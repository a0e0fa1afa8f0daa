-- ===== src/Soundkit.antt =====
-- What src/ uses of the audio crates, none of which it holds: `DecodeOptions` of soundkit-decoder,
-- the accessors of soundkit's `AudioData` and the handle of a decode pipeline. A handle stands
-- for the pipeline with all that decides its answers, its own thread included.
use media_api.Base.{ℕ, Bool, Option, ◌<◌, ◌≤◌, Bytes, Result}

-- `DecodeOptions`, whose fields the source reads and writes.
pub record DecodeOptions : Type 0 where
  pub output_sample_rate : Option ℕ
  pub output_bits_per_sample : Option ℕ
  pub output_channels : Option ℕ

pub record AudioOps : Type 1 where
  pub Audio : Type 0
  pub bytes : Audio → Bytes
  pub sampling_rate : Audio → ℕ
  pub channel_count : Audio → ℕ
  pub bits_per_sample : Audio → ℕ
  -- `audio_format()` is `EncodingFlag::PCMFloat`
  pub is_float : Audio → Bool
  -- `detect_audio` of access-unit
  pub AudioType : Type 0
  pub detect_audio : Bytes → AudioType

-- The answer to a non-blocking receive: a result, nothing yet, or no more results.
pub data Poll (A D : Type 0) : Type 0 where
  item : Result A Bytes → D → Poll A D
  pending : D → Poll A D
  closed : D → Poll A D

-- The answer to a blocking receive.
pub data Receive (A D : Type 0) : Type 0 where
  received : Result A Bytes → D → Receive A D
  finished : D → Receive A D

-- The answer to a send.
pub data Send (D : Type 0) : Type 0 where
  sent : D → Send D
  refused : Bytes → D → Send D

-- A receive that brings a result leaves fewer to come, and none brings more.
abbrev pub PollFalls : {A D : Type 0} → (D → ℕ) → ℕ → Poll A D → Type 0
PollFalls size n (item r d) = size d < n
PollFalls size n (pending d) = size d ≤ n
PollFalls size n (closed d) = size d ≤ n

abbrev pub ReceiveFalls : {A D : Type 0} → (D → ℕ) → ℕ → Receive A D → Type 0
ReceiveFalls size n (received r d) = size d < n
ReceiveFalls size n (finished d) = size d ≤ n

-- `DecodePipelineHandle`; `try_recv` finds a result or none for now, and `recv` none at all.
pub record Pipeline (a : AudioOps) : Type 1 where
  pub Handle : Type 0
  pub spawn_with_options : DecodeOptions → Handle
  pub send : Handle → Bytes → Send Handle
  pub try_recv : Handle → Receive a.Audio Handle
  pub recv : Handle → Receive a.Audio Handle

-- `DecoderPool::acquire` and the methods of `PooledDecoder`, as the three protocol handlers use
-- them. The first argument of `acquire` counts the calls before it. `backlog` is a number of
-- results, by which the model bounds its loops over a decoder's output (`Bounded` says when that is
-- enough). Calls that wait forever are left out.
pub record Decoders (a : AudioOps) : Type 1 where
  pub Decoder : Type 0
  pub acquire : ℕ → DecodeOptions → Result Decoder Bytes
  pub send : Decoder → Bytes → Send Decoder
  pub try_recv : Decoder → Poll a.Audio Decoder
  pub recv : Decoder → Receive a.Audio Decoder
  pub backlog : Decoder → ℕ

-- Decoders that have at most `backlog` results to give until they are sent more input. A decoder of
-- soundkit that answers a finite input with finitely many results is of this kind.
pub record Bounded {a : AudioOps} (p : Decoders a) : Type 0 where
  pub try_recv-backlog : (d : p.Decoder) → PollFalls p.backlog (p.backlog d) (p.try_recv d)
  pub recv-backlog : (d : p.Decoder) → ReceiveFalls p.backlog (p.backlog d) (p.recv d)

===============

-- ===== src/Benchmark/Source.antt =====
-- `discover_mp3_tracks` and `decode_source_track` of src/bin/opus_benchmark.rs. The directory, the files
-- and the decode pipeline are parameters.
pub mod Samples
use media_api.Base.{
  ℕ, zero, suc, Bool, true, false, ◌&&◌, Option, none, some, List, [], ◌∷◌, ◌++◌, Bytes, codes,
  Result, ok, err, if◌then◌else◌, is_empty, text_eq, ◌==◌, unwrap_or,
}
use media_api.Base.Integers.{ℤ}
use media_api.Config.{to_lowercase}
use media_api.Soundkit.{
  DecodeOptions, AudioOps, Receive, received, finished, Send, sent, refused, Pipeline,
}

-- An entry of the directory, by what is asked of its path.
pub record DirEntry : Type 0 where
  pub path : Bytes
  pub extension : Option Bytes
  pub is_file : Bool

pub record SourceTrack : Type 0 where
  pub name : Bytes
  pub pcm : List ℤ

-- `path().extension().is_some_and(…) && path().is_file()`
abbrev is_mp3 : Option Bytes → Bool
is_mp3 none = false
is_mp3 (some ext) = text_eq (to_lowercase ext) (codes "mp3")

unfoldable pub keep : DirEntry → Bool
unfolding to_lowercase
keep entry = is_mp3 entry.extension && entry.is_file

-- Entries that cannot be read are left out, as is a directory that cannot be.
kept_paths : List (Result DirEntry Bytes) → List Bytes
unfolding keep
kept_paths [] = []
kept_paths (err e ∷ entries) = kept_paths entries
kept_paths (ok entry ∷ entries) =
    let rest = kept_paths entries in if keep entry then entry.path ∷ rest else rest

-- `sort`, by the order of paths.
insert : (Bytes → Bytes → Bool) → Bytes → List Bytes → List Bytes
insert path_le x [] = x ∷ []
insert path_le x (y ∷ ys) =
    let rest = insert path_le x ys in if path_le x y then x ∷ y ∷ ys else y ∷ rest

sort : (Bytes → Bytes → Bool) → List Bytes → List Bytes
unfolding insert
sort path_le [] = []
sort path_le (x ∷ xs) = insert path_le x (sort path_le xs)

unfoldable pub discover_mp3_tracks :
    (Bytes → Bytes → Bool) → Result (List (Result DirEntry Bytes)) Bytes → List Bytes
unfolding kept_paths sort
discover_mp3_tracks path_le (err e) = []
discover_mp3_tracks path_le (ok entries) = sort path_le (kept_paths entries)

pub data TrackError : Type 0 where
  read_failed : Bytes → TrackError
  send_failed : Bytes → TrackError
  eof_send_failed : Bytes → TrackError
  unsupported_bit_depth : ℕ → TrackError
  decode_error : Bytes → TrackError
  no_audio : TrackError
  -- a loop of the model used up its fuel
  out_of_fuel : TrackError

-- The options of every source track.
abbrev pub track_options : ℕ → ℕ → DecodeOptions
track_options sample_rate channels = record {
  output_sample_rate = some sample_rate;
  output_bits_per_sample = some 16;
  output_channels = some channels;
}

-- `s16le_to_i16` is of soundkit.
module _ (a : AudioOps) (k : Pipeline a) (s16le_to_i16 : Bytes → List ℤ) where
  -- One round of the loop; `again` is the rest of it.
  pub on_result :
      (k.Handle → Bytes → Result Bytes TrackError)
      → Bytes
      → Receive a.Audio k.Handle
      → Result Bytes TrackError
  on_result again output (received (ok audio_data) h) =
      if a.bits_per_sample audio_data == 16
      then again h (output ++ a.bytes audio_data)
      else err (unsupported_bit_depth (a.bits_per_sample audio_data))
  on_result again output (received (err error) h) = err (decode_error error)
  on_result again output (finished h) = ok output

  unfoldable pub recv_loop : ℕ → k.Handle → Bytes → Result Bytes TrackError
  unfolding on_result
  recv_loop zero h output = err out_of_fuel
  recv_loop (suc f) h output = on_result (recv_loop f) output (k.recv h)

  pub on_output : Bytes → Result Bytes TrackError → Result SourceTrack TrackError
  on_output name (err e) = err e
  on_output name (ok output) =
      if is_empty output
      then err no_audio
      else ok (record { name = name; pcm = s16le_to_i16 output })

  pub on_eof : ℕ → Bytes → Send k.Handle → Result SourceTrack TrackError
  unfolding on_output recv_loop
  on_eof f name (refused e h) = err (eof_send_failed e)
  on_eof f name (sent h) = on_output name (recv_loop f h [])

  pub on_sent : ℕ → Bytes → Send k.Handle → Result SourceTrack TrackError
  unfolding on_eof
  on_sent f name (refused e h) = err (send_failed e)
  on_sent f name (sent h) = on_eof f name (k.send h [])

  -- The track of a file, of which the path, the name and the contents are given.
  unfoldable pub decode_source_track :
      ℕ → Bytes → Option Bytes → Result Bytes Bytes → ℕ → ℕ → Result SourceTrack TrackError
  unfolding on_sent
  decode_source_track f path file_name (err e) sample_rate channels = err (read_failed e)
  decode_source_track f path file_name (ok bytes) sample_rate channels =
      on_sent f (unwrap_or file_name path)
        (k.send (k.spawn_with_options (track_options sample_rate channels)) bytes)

===============

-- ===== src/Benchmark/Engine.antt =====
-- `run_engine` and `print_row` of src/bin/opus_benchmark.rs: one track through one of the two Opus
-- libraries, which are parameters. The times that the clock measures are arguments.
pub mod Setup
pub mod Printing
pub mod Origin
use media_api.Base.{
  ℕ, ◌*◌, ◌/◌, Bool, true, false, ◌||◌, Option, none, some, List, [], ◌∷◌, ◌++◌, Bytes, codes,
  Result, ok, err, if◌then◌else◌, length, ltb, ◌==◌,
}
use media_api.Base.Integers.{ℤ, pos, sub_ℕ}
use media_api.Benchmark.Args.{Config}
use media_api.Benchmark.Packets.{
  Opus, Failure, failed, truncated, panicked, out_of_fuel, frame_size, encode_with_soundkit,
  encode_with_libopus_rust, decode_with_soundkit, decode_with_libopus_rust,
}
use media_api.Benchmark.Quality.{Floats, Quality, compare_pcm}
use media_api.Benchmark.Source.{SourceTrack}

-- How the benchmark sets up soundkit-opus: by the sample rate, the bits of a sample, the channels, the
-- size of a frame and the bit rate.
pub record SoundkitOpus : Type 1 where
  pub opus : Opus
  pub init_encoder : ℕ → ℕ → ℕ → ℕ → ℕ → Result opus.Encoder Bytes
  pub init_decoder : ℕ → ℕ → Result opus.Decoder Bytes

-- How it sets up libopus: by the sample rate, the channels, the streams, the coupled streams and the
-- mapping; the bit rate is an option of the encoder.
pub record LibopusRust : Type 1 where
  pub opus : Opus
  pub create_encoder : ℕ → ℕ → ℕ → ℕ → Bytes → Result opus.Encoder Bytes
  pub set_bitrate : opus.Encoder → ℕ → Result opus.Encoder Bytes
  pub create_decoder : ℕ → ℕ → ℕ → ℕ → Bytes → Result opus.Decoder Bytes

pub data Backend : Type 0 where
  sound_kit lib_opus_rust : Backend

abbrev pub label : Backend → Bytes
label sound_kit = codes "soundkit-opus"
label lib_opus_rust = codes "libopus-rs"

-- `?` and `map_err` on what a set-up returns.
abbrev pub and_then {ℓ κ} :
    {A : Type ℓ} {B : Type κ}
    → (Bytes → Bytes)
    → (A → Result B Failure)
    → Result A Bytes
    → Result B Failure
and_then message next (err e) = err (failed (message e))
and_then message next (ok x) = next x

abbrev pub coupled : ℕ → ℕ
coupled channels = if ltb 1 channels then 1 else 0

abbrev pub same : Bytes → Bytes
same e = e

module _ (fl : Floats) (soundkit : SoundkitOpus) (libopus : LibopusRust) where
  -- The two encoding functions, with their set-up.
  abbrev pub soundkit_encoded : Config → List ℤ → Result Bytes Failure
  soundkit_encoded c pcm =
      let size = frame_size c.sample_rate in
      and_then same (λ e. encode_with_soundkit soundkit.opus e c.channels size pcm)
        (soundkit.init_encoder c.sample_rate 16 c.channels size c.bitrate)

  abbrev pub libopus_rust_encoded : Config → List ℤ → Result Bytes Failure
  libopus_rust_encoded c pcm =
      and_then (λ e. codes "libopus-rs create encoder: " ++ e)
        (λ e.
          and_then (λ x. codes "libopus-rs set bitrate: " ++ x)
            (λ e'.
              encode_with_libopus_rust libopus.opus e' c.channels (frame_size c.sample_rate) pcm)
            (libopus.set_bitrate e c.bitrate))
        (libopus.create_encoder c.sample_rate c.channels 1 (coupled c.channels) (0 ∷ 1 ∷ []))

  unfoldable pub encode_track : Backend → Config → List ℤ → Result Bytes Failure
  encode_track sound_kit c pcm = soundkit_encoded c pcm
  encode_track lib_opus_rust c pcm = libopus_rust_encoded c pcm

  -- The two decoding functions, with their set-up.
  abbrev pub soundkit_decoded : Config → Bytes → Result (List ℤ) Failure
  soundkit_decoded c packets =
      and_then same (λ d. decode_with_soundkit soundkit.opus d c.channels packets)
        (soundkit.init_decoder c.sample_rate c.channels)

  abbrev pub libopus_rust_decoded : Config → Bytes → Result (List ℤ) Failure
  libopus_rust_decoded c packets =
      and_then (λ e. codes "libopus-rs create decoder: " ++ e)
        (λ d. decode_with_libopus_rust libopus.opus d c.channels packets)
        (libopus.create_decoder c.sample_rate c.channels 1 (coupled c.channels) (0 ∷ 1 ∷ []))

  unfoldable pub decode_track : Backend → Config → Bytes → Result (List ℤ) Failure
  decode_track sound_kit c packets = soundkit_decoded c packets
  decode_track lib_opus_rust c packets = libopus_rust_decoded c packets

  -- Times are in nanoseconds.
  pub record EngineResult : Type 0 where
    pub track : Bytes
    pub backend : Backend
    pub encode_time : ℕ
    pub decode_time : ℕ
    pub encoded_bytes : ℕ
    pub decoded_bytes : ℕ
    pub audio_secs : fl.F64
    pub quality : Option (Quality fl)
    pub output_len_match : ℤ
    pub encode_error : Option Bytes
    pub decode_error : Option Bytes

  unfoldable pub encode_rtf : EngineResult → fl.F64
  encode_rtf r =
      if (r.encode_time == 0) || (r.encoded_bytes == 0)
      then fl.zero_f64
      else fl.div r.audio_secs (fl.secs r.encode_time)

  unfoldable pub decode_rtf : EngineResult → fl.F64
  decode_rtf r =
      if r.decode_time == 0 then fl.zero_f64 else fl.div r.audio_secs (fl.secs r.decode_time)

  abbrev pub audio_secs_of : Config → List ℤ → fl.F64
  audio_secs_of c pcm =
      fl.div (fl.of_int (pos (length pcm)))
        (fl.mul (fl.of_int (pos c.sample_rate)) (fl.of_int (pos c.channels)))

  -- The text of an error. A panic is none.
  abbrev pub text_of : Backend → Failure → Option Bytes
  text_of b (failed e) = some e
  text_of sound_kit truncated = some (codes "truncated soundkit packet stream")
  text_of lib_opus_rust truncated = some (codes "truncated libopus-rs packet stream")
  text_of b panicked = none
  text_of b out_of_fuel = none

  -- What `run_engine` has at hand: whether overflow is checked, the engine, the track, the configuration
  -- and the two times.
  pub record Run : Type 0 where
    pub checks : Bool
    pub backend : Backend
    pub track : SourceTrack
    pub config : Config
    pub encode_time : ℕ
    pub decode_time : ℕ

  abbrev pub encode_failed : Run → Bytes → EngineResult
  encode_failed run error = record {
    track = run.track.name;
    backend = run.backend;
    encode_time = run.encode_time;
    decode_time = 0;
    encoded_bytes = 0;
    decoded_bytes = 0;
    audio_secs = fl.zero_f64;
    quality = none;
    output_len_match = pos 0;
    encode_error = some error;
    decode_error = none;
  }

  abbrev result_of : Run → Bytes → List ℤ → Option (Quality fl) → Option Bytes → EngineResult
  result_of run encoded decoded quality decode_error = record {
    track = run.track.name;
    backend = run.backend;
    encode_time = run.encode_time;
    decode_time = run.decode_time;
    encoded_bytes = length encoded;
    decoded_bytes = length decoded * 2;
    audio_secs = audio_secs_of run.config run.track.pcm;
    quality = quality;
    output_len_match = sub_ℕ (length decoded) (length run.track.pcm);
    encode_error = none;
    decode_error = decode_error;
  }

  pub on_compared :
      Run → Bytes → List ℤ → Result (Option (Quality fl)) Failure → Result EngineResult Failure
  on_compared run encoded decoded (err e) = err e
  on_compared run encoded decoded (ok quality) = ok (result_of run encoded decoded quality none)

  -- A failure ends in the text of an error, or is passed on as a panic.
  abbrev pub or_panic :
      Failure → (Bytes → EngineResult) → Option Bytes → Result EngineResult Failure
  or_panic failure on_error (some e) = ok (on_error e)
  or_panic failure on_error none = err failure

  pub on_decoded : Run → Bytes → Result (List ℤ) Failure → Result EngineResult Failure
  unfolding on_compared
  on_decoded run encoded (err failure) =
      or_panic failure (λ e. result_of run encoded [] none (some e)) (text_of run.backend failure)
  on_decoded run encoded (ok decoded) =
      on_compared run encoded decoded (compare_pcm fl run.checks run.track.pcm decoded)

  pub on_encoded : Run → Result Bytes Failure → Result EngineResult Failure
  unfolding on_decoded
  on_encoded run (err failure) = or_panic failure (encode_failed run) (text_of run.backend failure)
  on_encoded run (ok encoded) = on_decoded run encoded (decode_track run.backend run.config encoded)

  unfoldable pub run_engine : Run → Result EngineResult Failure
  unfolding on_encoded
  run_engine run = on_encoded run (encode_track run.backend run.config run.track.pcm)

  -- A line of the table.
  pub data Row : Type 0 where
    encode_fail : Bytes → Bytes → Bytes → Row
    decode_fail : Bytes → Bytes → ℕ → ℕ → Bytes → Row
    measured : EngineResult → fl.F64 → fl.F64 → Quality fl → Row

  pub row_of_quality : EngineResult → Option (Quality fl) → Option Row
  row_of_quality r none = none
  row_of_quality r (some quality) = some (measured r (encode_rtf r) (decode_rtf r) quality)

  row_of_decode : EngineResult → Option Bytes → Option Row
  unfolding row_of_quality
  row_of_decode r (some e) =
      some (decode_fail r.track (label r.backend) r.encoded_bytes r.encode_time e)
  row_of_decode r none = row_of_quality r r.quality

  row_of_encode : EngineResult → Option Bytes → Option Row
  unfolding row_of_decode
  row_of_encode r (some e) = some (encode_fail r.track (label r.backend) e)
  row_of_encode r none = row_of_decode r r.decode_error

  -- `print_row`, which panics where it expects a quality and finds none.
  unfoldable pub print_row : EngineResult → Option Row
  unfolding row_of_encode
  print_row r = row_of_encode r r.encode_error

===============

▶ _TASK DETAILS_: Look through the entries for the string "checks". Every line that has it belongs in the answer.

▶ _EXERCISE RESPONSE_:
    pub checks : Bool
      on_compared run encoded decoded (compare_pcm fl run.checks run.track.pcm decoded)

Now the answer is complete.